Methods: This was a retrospective review of prospectively collected patient reported outcome measurement information system (PROMIS) data in 88 ankle arthrodesis procedures performed from May 2015 to March 2018. The PROMIS Physical function (PF) and pain interference (PI) measures were collected as routine care. Linear mixed models were used to assess differences at each follow-up point for PF and PI. Preoperative to last follow-up in the 120–365 day interval was assessed using analysis of variance. Outcomes included T-scores, z-scores, and PROMISPreference (PROPr) utility scores for PF and PI and the percentage of patients improving by at least 4 T-score points.

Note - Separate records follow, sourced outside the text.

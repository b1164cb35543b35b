-- ===== src/Tokens/Store.antt =====
-- `TokenStore`: every call goes to Redis and, where Redis does not answer, in development to a
-- dictionary of the process, and elsewhere it fails.
use enterprise_fast_api_boil.Base.{
  ℕ, suc, ◌*◌, min, String, Bool, true, false, Option, none, some, List, [], ◌∷◌, contains, ◌==◌,
  ◌=s◌, if◌then◌else◌,
}
use enterprise_fast_api_boil.Base.Dict
use enterprise_fast_api_boil.Base.Dict.{Dict, Key, pair_key}
use enterprise_fast_api_boil.Base.Outcome.{
  Error, store_unavailable, value_error, ok, err, Exec, pure, raise, ◌>>=◌, ◌>>◌,
}
use enterprise_fast_api_boil.Tokens.Redis.{
  Redis, Value, user, used, revoked, EntryKey, IndexKey, by_user, access_by_user,
}

-- `_memory_store`: the values of the keys, and the sets of the indices.
pub record Memory : Type 0 where
  pub values : Dict EntryKey Value
  pub sets : IndexKey → List String

-- What the stores work on. `up` says whether Redis answers, `drawn` counts the random tokens.
pub record Cache (R : Redis) : Type 0 where
  pub redis : R.State
  pub memory : Memory
  pub up : Bool
  pub is_dev : Bool
  pub now : ℕ
  pub drawn : ℕ

abbrev pub same_index : IndexKey → IndexKey → Bool
same_index (by_user p i) (by_user q j) = if p =s q then i == j else false
same_index (access_by_user p i) (access_by_user q j) = if p =s q then i == j else false
same_index (by_user p i) (access_by_user q j) = false
same_index (access_by_user p i) (by_user q j) = false

-- `self._memory_store.setdefault(key, set()).add(token)`
abbrev pub remember_in : IndexKey → String → Memory → Memory
remember_in k token m = record m {
  sets = λ j.
      if same_index k j
      then (if contains token (m.sets j) then m.sets j else token ∷ m.sets j)
      else m.sets j;
}

-- `int("revoked")`
abbrev pub not_a_number : Error
not_a_number = value_error "invalid literal for int()"

module _ (R : Redis) where
  -- `try: <redis call>`, `except Exception: <fallback in development, else raise>`
  abbrev pub or_memory : (R.State → R.State) → (Memory → Memory) → Exec (Cache R) (Unit {0})
  or_memory call fallback c =
      if c.up
      then (ok tt, record c { redis = call c.redis })
      else if c.is_dev
      then (ok tt, record c { memory = fallback c.memory })
      else (err store_unavailable, c)

  abbrev pub track : IndexKey → String → ℕ → Exec (Cache R) (Unit {0})
  track k token ttl c =
      or_memory (λ r. R.expire c.now k ttl (R.sadd c.now k token r)) (remember_in k token) c

  module _ (prefix : String) where
    -- `_set`
    unfoldable pub set_entry : String → Value → ℕ → Exec (Cache R) (Unit {0})
    set_entry token value ttl c =
        or_memory (R.set c.now (prefix, token) value ttl)
          (λ m. record m { values = Dict.put (prefix, token) value m.values }) c

    -- `_get`, and so `get`
    unfoldable pub get_entry : String → Exec (Cache R) (Option Value)
    get_entry token c =
        if c.up
        then (ok (R.get c.now (prefix, token) c.redis), c)
        else if c.is_dev
        then (ok (Dict.get (prefix, token) c.memory.values), c)
        else (err store_unavailable, c)

    -- `_delete`, and so `delete` and `revoke`
    unfoldable pub delete_entry : String → Exec (Cache R) (Unit {0})
    delete_entry token c =
        or_memory (R.delete (prefix, token))
          (λ m. record m { values = Dict.remove (prefix, token) m.values }) c

    unfoldable pub delete_all : List String → Exec (Cache R) (Unit {0})
    delete_all [] = pure tt
    delete_all (token ∷ tokens) = do delete_entry token; delete_all tokens

    -- `revoke_all_for_user`: here the fallback to the memory is taken in every environment.
    unfoldable pub revoke_all_for_user : ℕ → Exec (Cache R) (Unit {0})
    unfolding delete_all
    revoke_all_for_user uid c =
        delete_all
          (if c.up
            then R.smembers c.now (by_user prefix uid) c.redis
            else c.memory.sets (by_user prefix uid))
          c

    -- `revoke_jti`
    unfoldable pub revoke_jti : String → Exec (Cache R) (Unit {0})
    unfolding set_entry
    revoke_jti jti = set_entry jti revoked (24 * 60 * 60)

    -- `is_revoked`
    unfoldable pub is_revoked : String → Exec (Cache R) Bool
    unfolding get_entry
    is_revoked jti = do
      value ← get_entry jti
      elim value [ some revoked ↦ pure true | _ ↦ pure false ]

    unfoldable pub track_access_token : ℕ → String → ℕ → Exec (Cache R) (Unit {0})
    track_access_token uid jti ttl = track (access_by_user prefix uid) jti ttl

    unfoldable pub revoke_each : List String → Exec (Cache R) (Unit {0})
    unfolding revoke_jti
    revoke_each [] = pure tt
    revoke_each (jti ∷ jtis) = do revoke_jti jti; revoke_each jtis

    unfoldable pub revoke_all_access_tokens_for_user : ℕ → Exec (Cache R) (Unit {0})
    unfolding revoke_each
    revoke_all_access_tokens_for_user uid c =
        revoke_each
          (if c.up
            then R.smembers c.now (access_by_user prefix uid) c.redis
            else c.memory.sets (access_by_user prefix uid))
          c

    -- `consume_password_reset_token`
    unfoldable pub consume_password_reset_token : String → Exec (Cache R) (Option ℕ)
    unfolding get_entry delete_entry
    consume_password_reset_token token = do
      value ← get_entry token
      elim value [
        | some (user uid) ↦ do delete_entry token; pure (some uid)
        | some revoked ↦ do delete_entry token; raise not_a_number
        | _ ↦ pure none
      ]

    -- `mark_refresh_token_replayed`
    unfoldable pub mark_refresh_token_replayed : String → Exec (Cache R) (Unit {0})
    unfolding get_entry set_entry
    mark_refresh_token_replayed token = do
      value ← get_entry token
      elim value [
        | some (user uid) ↦ set_entry token (used uid) 60
        | some revoked ↦ raise not_a_number
        | _ ↦ pure tt
      ]

    module _ (uuid : ℕ → String) where
      -- `str(uuid.uuid4())`
      abbrev pub draw : Exec (Cache R) String
      draw c = (ok (uuid c.drawn), record c { drawn = suc c.drawn })

      unfoldable pub add_refresh_token : ℕ → ℕ → Exec (Cache R) String
      unfolding set_entry
      add_refresh_token uid ttl = do
        token ← draw
        set_entry token (user uid) ttl
        track (by_user prefix uid) token ttl
        pure token

      unfoldable pub rotate_refresh_token : String → ℕ → ℕ → Exec (Cache R) String
      unfolding add_refresh_token
      rotate_refresh_token old_token uid ttl = do
        set_entry old_token (used uid) (min 60 ttl)
        add_refresh_token uid ttl

      unfoldable pub add_password_reset_token : ℕ → ℕ → Exec (Cache R) String
      unfolding set_entry
      add_password_reset_token uid ttl = do token ← draw; set_entry token (user uid) ttl; pure token
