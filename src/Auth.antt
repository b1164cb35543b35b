-- ===== src/Auth.antt =====
-- Signing in, refreshing, signing out, password reset and email verification:
-- backend/application/auth/use_cases.py, backend/app/api/v1/auth/router.py and
-- backend/core/security/dependencies.py. A JWT is its claims; encoding and checking it is the
-- library's. `normalize` is `strip().lower()`.
pub mod Sessions
pub mod Replay
pub mod Routes
pub mod Failures
pub mod Sockets
use enterprise_fast_api_boil.Base.{
  ℕ, suc, ◌+◌, ◌*◌, String, Bool, true, false, not, ◌&&◌, Option, none, some, List, [], ◌∷◌, ◌++◌,
  ltb, leb, if◌then◌else◌,
}
use enterprise_fast_api_boil.Base.Outcome.{
  Error, domain, http, unauthorized, forbidden, not_found, value_error, Outcome, ok, err, Exec,
  pure, raise, gets, modify, or_raise, ◌>>=◌, ◌>>◌,
}
use enterprise_fast_api_boil.Database.{User, Db}
use enterprise_fast_api_boil.Server.{
  Server, send_password_reset_email, send_verification_email, log_info, enqueue, log,
}
use enterprise_fast_api_boil.Users.{get_by_id, get_by_email, authenticate, mark_verified, save_user}
use enterprise_fast_api_boil.Tokens.Redis.{Redis, Value, user, used, revoked}
use enterprise_fast_api_boil.Tokens.Store.{
  Cache, not_a_number, get_entry, delete_entry, add_refresh_token, rotate_refresh_token, revoke_jti,
  is_revoked, revoke_all_for_user, revoke_all_access_tokens_for_user, track_access_token,
  add_password_reset_token, consume_password_reset_token, draw,
}

-- The claims that the rules read.
pub record Claims : Type 0 where
  pub sub : ℕ
  pub jti : String
  pub exp : ℕ

pub record TokenPair : Type 0 where
  pub access_token : Claims
  pub refresh_token : String

pub record Limits : Type 0 where
  pub access_token_expire_minutes : ℕ
  pub refresh_token_expire_days : ℕ
  pub password_reset_token_ttl_minutes : ℕ
  pub require_email_verification : Bool

abbrev pub session_prefix : String
session_prefix = "tier4:tokens"

abbrev pub revocation_prefix : String
revocation_prefix = "tier4:revocations"

abbrev pub reset_prefix : String
reset_prefix = "tier4:password-reset"

abbrev pub verification_prefix : String
verification_prefix = "tier4:email-verification"

module _ (R : Redis) where
  pub record Auth : Type 0 where
    pub server : Server
    pub tokens : Cache R

  module _ {A : Type 0} where
    abbrev pub on_server : Exec Server A → Exec Auth A
    on_server m a = let (r, s) = m a.server in (r, record a { server = s })

    abbrev pub on_tokens : Exec (Cache R) A → Exec Auth A
    on_tokens m a = let (r, c) = m a.tokens in (r, record a { tokens = c })

  module _ (uuid : ℕ → String) (limits : Limits) where
    -- `create_access_token`, and the tracking of its identifier
    abbrev pub issue_access_token : ℕ → Exec Auth Claims
    issue_access_token uid = do
      jti ← on_tokens (draw R session_prefix uuid)
      now ← gets (λ a. a.tokens.now)
      on_tokens
          (track_access_token R revocation_prefix uid jti (limits.access_token_expire_minutes * 60))
      pure (record { sub = uid; jti = jti; exp = now + limits.access_token_expire_minutes * 60 })

    abbrev pub session_ttl : ℕ
    session_ttl = limits.refresh_token_expire_days * 24 * 60 * 60

    abbrev bad_login : Error
    bad_login = domain (unauthorized "Incorrect email or password")

    abbrev pub bad_refresh : Error
    bad_refresh = domain (unauthorized "Invalid refresh token")

    -- `LoginUseCase.execute`
    unfoldable pub login :
        (String → String → Bool) → (String → String) → String → String → Exec Auth TokenPair
    login verify_password normalize username password = do
      now ← gets (λ a. a.tokens.now)
      found ← on_server (authenticate verify_password now (normalize username) password)
      account ← or_raise found bad_login
      if limits.require_email_verification && not account.is_verified
          then raise (domain (forbidden "Please verify your email before signing in"))
          else (do
            access ← issue_access_token account.id
            refresh ← on_tokens (add_refresh_token R session_prefix uuid account.id session_ttl)
            pure (record { access_token = access; refresh_token = refresh }))

    abbrev pub renew : String → ℕ → Exec Auth TokenPair
    renew token uid = do
      found ← on_server (get_by_id uid)
      account ← or_raise found (domain (not_found "user not found"))
      access ← issue_access_token account.id
      refresh ← on_tokens (rotate_refresh_token R session_prefix uuid token account.id session_ttl)
      pure (record { access_token = access; refresh_token = refresh })

    abbrev pub end_sessions : ℕ → Exec Auth (Unit {0})
    end_sessions uid = do
      on_tokens (revoke_all_for_user R session_prefix uid)
      on_tokens (revoke_all_access_tokens_for_user R revocation_prefix uid)

    abbrev pub replayed : ℕ → Exec Auth TokenPair
    replayed uid = do
      end_sessions uid
      on_server (log "security.refresh_token_replay_detected")
      raise bad_refresh

    abbrev pub refresh_value : String → Option Value → Exec Auth TokenPair
    refresh_value token none = raise bad_refresh
    refresh_value token (some (used uid)) = replayed uid
    refresh_value token (some revoked) = raise not_a_number
    refresh_value token (some (user uid)) = renew token uid

    -- `RefreshTokenUseCase.execute`
    unfoldable pub refresh : String → Exec Auth TokenPair
    refresh token = do
      stored ← on_tokens (get_entry R session_prefix token)
      refresh_value token stored

    -- POST /auth/logout, after the access token is decoded
    unfoldable pub logout : String → Claims → Exec Auth (Unit {0})
    logout refresh_token access = do
      on_tokens (delete_entry R session_prefix refresh_token)
      on_tokens (revoke_jti R revocation_prefix access.jti)
      on_server (log "auth.logout")

    -- `RequestPasswordResetUseCase.execute`: the same answer whether or not the account exists.
    unfoldable pub request_password_reset : String → Exec Auth (Unit {0})
    request_password_reset email = do
      found ← on_server (get_by_email email)
      elim found [
        | none ↦ pure tt
        | some account ↦ do
          token ← on_tokens (
              add_password_reset_token R reset_prefix uuid account.id
                (limits.password_reset_token_ttl_minutes * 60))
          on_server (enqueue (send_password_reset_email account.email token))
          on_server (enqueue (log_info "password_reset_requested"))
      ]

    -- `RequestEmailVerificationUseCase.execute`
    unfoldable pub request_email_verification : String → Exec Auth (Unit {0})
    request_email_verification email = do
      found ← on_server (get_by_email email)
      elim found [
        | none ↦ pure tt
        | some account ↦ do
          token ←
              on_tokens (add_password_reset_token R verification_prefix uuid account.id (15 * 60))
          on_server (enqueue (send_verification_email account.email token))
          on_server (enqueue (log_info "email_verification_requested"))
      ]

    -- `ConfirmEmailVerificationUseCase.execute`
    unfoldable pub confirm_email_verification : String → Exec Auth (Unit {0})
    confirm_email_verification token = do
      uid ← on_tokens (consume_password_reset_token R verification_prefix token)
      elim uid [
        | none ↦ raise (domain (unauthorized "Invalid or expired verification token"))
        | some uid ↦ do
          found ← on_server (get_by_id uid)
          account ← or_raise found (domain (not_found "user not found"))
          now ← gets (λ a. a.tokens.now)
          on_server (mark_verified now account)
      ]

    abbrev pub set_password : (String → String) → String → Option User → Exec Auth (Unit {0})
    set_password hash_password new_password none = raise (domain (not_found "user not found"))
    set_password hash_password new_password (some account) = do
      on_server
          (save_user account.id (λ u. record u { hashed_password = hash_password new_password }))
      end_sessions account.id

    -- `ConfirmPasswordResetUseCase.execute`; `hash_password` is bcrypt's.
    unfoldable pub confirm_password_reset :
        (String → String) → String → String → Exec Auth (Unit {0})
    confirm_password_reset hash_password token new_password = do
      uid ← on_tokens (consume_password_reset_token R reset_prefix token)
      elim uid [
        | none ↦ raise (domain (unauthorized "Invalid or expired reset token"))
        | some uid ↦ do
          found ← on_server (get_by_id uid)
          set_password hash_password new_password found
      ]

    -- The branch of `get_current_user` for a bearer token: `none` is a token that does not decode,
    -- `expired` is the library's check of `exp`.
    unfoldable pub current_user : Option Claims → Exec Auth User
    current_user none = raise (http 401 "Invalid token")
    current_user (some claims) = do
      now ← gets (λ a. a.tokens.now)
      if leb claims.exp now then raise (http 401 "Invalid token") else (do
        gone ← on_tokens (is_revoked R revocation_prefix claims.jti)
        if gone then raise (http 401 "Token revoked") else (do
          found ← on_server (get_by_id claims.sub)
          or_raise found (http 401 "Invalid token")))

Results: The linear mixed model analysis for PF after the 120–149 days, and for PI, after 90–119 days, indicated recovery plateaued at 39–40 for PF and 57–59 for PI T-scores. The change in the PI T-score was the greatest with a mean T-score improvement of − 5.4 (95% CI − 7.7 to − 3.1). The proportion of patients improving more than 4 points was 66.2% for either PF or PI or both. The change in utility T-scores for both PF (0.06, 95% CI 0.02 to 0.11) and PI (0.15, 95% CI 0.09 to 0.20) was significantly improved, however, only PI approached clinical significance.

Conclusion: Average patients undergoing ankle fusion experience clinically meaningful improvement in pain more so than physical function. Average patient recovery showed progressive improvement in pain and function until the four-month postoperative time point. Traditional dogma states that recovery after an ankle fusion maximizes at a year, however based on the findings in this study, 4 months is a more accurate marker of recovery. A decline in function or an increase in pain after 4 months from surgery may help to predict nonunion and other complications after ankle arthrodesis.

Level of evidence: Level II, prospective single cohort study.